**Work item:**
In the records below, find the line holding "handed-Settled port observed" and the line holding "unfolding update_shm". Set down both, with every line between them, exactly.

**Information supplied:**
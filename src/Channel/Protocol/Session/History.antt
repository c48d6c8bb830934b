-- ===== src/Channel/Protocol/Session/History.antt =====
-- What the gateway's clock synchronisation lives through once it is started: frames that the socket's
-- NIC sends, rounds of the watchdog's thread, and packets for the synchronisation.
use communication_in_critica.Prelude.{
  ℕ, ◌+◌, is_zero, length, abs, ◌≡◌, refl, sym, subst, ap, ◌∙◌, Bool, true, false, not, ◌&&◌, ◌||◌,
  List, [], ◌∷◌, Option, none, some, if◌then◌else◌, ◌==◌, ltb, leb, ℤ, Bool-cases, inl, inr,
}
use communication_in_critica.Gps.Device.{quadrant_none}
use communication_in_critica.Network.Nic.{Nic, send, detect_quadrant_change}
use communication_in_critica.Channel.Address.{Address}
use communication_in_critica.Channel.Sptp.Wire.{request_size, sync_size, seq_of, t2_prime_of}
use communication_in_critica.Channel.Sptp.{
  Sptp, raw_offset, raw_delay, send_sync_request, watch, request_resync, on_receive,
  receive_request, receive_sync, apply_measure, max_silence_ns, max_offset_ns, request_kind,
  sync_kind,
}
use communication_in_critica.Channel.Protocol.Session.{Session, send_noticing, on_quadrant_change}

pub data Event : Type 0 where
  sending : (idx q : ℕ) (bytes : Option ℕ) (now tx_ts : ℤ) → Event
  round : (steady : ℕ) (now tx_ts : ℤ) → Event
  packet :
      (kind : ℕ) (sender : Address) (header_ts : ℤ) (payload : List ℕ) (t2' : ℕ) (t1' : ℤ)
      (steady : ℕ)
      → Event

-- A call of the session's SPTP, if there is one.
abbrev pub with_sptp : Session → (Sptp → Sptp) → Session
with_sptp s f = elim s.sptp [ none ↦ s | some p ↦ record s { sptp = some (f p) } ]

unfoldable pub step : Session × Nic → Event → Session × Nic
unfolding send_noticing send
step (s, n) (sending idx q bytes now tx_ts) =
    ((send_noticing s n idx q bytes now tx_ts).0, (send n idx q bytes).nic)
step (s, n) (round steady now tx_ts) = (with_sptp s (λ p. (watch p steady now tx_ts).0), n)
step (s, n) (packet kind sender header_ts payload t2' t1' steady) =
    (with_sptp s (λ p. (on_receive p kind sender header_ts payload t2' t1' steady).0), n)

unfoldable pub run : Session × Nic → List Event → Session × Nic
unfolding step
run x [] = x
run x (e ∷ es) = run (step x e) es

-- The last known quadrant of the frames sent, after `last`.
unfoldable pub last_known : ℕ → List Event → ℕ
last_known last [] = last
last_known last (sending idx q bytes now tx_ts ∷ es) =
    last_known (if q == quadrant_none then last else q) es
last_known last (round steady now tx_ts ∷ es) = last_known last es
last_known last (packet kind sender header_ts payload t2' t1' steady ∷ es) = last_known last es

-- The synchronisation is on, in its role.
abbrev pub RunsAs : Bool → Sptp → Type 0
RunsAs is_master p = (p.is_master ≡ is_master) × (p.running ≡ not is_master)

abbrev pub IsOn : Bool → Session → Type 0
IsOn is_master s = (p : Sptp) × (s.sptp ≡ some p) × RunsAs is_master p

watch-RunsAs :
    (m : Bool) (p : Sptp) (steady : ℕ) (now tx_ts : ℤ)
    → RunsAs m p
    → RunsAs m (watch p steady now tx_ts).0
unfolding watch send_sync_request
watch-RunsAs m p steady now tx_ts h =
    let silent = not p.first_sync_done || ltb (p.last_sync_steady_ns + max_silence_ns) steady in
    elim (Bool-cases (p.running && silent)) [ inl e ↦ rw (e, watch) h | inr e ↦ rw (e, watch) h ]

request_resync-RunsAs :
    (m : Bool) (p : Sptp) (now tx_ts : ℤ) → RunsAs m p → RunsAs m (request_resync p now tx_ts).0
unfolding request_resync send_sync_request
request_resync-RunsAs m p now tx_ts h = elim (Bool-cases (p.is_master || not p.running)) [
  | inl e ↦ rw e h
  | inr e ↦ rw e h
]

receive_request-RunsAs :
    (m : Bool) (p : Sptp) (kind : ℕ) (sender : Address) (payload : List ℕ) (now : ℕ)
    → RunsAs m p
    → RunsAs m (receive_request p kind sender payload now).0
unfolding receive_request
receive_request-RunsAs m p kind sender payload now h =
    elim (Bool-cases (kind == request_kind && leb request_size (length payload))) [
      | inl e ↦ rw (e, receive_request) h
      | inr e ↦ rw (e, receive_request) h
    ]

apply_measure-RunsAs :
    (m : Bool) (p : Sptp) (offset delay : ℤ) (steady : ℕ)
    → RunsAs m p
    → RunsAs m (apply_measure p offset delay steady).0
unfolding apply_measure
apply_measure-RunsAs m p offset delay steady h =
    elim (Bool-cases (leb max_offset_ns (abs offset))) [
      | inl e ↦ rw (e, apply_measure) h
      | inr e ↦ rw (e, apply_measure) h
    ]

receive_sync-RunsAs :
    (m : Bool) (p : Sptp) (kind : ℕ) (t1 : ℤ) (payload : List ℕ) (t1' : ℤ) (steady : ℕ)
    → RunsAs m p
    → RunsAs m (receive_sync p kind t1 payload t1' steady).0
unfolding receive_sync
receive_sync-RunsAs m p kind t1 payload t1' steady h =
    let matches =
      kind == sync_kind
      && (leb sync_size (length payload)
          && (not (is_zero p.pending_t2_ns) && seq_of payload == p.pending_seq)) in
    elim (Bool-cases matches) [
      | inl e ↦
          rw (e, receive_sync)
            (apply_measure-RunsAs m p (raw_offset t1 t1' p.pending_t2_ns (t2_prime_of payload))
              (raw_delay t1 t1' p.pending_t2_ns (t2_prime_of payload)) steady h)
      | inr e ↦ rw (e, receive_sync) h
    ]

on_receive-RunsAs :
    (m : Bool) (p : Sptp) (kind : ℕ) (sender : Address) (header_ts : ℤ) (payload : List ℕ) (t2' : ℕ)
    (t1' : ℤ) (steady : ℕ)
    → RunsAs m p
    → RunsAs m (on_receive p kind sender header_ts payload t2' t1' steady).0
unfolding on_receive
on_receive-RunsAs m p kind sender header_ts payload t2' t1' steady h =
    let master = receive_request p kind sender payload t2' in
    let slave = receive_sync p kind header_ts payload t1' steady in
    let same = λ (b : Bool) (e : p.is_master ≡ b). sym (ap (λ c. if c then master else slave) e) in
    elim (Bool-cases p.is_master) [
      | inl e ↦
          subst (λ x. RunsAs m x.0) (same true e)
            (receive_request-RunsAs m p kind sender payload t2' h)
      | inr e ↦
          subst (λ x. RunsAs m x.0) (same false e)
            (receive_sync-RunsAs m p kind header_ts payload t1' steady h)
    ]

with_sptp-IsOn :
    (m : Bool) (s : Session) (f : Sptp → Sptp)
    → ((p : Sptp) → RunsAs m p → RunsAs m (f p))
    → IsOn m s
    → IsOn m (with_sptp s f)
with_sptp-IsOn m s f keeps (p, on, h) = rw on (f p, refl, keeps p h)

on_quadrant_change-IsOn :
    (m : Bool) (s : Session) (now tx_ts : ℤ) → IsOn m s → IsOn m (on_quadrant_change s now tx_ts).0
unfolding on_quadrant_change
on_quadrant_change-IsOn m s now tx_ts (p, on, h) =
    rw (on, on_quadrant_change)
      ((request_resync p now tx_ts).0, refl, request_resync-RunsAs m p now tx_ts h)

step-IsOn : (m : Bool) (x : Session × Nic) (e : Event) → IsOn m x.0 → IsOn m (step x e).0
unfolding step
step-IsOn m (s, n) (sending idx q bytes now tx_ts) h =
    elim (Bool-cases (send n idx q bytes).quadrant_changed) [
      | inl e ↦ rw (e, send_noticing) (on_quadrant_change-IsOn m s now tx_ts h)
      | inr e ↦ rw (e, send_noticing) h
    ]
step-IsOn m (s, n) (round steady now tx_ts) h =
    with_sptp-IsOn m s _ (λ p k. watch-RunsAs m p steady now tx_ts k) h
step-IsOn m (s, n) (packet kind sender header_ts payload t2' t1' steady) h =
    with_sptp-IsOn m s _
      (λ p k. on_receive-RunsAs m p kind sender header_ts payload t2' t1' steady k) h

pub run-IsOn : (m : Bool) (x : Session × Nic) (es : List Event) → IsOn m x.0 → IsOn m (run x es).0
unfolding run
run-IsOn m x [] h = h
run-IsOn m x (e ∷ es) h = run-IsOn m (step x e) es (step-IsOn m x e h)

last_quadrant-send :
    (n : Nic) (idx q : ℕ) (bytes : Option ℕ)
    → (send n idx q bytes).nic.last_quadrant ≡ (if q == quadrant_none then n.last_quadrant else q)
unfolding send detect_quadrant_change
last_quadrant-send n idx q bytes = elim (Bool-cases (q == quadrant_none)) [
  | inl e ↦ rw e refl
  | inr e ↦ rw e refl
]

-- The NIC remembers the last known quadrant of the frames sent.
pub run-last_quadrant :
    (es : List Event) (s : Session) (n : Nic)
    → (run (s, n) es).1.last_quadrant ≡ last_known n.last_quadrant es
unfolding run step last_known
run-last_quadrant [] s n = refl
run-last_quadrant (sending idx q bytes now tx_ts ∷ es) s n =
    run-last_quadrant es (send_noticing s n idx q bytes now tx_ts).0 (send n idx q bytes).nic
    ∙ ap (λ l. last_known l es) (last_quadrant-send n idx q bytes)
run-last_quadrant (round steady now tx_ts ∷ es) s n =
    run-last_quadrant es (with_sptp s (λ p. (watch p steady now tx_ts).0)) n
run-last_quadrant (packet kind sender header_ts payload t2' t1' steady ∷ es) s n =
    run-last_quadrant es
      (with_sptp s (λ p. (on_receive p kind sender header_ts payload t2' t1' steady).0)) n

---

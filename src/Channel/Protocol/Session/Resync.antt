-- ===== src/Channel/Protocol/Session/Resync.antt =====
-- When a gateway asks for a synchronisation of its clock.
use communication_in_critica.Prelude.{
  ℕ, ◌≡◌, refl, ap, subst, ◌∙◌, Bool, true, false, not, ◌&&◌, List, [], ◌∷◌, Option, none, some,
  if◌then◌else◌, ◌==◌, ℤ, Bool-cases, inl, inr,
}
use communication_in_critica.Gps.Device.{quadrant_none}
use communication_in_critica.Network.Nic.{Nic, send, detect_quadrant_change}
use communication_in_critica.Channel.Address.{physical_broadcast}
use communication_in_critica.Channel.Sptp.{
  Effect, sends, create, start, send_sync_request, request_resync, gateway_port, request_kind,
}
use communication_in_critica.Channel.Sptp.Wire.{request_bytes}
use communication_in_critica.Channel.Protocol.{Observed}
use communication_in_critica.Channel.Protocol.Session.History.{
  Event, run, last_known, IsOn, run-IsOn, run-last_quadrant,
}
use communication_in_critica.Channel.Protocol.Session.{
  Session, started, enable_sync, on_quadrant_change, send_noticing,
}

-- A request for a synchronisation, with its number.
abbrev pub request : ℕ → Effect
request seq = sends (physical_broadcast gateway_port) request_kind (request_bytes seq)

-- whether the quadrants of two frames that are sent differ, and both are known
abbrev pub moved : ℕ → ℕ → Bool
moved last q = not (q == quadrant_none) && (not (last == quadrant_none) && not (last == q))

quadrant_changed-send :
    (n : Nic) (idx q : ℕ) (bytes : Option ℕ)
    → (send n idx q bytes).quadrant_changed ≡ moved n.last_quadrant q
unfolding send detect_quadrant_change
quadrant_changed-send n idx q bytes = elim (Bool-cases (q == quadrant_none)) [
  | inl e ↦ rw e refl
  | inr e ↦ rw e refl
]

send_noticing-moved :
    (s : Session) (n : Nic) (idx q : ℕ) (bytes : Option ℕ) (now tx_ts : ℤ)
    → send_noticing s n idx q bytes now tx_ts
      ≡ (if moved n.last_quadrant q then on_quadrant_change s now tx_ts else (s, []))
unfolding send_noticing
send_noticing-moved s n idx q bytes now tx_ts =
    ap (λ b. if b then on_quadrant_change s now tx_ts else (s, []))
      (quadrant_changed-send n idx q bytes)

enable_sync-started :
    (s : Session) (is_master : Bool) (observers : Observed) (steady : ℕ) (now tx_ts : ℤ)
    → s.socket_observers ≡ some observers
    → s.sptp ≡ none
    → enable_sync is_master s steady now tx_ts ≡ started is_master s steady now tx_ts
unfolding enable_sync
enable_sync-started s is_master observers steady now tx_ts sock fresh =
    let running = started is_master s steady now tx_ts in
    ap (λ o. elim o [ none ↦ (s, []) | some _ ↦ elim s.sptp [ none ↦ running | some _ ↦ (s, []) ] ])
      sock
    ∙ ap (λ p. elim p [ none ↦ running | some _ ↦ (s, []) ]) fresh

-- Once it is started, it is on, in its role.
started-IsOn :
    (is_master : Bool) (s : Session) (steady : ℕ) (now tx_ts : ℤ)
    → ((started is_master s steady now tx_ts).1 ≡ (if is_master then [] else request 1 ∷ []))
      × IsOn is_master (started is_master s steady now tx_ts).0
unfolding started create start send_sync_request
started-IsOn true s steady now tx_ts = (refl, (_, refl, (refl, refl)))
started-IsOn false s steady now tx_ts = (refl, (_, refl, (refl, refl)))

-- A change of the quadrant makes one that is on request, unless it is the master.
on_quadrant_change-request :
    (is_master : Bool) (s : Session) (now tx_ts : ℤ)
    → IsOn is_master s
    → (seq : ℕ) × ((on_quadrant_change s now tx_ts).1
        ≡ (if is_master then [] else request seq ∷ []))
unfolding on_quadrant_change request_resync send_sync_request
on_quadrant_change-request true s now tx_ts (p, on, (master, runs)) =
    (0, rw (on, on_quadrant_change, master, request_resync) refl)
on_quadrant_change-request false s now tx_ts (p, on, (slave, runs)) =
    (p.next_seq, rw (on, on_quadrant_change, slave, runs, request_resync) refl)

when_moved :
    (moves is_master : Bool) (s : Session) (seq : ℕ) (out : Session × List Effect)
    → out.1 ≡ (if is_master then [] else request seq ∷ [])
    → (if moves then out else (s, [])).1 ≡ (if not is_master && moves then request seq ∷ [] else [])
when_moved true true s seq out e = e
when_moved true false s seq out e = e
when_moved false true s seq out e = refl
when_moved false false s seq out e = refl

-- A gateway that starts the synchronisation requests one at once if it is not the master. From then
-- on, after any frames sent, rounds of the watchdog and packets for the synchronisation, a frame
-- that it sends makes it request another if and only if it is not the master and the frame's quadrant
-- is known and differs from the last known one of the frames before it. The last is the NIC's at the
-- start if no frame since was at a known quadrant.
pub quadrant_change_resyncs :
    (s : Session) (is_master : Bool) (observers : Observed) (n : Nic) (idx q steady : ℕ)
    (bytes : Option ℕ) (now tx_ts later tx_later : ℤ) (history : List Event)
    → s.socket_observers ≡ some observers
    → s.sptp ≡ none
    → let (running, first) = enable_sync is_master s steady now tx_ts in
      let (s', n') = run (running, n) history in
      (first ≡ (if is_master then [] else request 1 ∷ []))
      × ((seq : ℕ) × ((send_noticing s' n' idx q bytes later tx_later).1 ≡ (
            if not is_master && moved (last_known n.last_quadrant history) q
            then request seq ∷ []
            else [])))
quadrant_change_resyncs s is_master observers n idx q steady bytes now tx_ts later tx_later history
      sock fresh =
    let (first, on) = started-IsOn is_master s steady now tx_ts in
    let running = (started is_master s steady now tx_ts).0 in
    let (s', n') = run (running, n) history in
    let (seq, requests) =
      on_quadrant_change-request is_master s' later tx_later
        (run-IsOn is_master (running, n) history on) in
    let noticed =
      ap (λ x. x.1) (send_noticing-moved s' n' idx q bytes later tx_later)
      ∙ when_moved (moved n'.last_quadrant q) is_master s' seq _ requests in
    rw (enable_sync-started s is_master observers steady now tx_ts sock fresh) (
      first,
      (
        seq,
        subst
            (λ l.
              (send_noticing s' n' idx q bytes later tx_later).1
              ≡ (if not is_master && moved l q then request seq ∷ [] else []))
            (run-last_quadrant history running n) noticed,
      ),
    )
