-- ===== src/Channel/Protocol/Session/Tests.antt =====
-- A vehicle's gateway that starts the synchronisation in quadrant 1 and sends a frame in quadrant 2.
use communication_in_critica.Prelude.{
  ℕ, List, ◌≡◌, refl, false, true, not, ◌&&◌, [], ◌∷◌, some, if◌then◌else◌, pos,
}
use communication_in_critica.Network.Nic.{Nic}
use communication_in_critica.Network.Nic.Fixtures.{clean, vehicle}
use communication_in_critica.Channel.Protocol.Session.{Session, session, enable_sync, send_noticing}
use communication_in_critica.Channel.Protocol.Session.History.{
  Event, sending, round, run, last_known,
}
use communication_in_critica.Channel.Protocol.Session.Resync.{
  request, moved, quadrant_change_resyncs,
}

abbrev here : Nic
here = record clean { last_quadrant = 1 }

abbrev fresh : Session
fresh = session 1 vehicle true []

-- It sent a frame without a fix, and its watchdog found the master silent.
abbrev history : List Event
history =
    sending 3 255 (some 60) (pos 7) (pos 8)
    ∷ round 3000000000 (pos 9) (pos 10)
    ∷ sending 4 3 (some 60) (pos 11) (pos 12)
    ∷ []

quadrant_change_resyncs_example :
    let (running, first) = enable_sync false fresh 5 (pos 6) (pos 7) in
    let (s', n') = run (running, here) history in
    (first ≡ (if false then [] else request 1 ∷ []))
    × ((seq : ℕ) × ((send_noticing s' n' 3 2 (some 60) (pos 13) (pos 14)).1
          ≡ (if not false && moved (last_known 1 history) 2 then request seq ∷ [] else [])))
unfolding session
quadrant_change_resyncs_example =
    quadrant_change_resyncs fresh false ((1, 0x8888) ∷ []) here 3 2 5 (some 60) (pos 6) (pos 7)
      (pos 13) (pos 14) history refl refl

---

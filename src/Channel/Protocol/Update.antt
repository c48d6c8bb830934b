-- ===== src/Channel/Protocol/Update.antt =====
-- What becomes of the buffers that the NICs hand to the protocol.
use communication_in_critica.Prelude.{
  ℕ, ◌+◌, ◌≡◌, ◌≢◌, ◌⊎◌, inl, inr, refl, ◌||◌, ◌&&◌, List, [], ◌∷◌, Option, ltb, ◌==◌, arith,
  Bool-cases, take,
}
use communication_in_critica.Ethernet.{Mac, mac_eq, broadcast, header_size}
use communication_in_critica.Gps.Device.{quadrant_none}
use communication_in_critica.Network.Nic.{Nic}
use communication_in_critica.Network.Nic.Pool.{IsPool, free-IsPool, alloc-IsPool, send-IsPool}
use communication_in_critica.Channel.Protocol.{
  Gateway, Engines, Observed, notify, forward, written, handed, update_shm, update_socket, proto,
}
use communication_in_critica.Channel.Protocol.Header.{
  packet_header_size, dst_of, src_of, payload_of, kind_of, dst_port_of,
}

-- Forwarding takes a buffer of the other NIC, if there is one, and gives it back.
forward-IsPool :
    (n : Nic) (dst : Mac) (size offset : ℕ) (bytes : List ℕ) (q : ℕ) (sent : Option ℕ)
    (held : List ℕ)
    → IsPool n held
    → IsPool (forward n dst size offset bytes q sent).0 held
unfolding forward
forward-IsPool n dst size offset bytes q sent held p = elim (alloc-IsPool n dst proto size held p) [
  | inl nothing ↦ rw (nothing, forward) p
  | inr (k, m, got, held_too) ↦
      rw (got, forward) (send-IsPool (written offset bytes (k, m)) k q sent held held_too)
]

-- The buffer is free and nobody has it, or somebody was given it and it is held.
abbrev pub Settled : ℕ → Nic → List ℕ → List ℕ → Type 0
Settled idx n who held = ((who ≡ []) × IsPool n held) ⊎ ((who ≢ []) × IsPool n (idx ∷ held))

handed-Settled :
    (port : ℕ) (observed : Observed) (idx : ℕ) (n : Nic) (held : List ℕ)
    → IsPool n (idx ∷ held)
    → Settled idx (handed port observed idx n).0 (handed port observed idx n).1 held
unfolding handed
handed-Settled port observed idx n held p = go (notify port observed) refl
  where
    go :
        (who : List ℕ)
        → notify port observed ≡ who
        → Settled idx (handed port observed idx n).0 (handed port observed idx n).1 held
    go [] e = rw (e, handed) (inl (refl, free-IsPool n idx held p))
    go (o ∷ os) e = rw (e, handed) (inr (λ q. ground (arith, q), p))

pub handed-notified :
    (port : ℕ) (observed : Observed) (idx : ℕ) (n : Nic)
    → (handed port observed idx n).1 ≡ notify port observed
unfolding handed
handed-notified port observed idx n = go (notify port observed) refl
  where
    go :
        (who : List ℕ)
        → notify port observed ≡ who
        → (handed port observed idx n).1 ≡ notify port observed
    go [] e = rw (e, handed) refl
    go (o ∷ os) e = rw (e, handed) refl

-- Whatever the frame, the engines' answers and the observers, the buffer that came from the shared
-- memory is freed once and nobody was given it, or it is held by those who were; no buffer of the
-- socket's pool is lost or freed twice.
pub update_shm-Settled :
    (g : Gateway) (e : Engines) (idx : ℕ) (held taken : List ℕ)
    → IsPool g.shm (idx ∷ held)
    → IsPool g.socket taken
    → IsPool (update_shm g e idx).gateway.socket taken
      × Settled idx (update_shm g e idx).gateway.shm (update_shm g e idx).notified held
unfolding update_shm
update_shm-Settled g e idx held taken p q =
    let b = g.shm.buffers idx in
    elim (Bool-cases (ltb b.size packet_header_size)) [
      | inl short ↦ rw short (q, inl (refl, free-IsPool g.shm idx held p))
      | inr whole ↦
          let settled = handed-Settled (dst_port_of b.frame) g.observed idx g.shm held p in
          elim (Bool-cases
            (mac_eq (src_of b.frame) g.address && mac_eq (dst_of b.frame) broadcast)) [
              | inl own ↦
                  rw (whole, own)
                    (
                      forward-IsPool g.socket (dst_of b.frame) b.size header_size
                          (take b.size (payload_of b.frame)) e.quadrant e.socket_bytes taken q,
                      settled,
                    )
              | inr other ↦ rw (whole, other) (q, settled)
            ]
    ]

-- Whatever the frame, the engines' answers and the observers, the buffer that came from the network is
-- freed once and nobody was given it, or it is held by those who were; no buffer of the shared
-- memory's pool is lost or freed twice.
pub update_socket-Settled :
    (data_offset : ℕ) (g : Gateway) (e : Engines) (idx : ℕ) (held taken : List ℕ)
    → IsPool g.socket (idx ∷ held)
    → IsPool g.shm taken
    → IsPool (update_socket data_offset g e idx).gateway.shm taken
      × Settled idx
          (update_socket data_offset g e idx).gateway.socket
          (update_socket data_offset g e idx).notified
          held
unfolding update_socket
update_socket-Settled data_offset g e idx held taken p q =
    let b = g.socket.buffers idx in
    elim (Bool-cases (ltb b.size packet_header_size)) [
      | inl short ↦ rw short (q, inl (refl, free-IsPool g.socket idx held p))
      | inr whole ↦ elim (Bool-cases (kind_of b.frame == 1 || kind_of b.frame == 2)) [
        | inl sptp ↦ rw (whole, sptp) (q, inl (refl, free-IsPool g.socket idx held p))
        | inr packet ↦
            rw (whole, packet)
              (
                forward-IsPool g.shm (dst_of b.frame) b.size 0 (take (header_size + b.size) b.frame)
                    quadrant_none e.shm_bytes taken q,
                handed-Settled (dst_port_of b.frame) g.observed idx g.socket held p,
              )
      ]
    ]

**Output:**
handed-Settled port observed idx n held p = go (notify port observed) refl
  where
    go :
        (who : List ℕ)
        → notify port observed ≡ who
        → Settled idx (handed port observed idx n).0 (handed port observed idx n).1 held
    go [] e = rw (e, handed) (inl (refl, free-IsPool n idx held p))
    go (o ∷ os) e = rw (e, handed) (inr (λ q. ground (arith, q), p))

pub handed-notified :
    (port : ℕ) (observed : Observed) (idx : ℕ) (n : Nic)
    → (handed port observed idx n).1 ≡ notify port observed
unfolding handed
handed-notified port observed idx n = go (notify port observed) refl
  where
    go :
        (who : List ℕ)
        → notify port observed ≡ who
        → (handed port observed idx n).1 ≡ notify port observed
    go [] e = rw (e, handed) refl
    go (o ∷ os) e = rw (e, handed) refl

-- Whatever the frame, the engines' answers and the observers, the buffer that came from the shared
-- memory is freed once and nobody was given it, or it is held by those who were; no buffer of the
-- socket's pool is lost or freed twice.
pub update_shm-Settled :
    (g : Gateway) (e : Engines) (idx : ℕ) (held taken : List ℕ)
    → IsPool g.shm (idx ∷ held)
    → IsPool g.socket taken
    → IsPool (update_shm g e idx).gateway.socket taken
      × Settled idx (update_shm g e idx).gateway.shm (update_shm g e idx).notified held
unfolding update_shm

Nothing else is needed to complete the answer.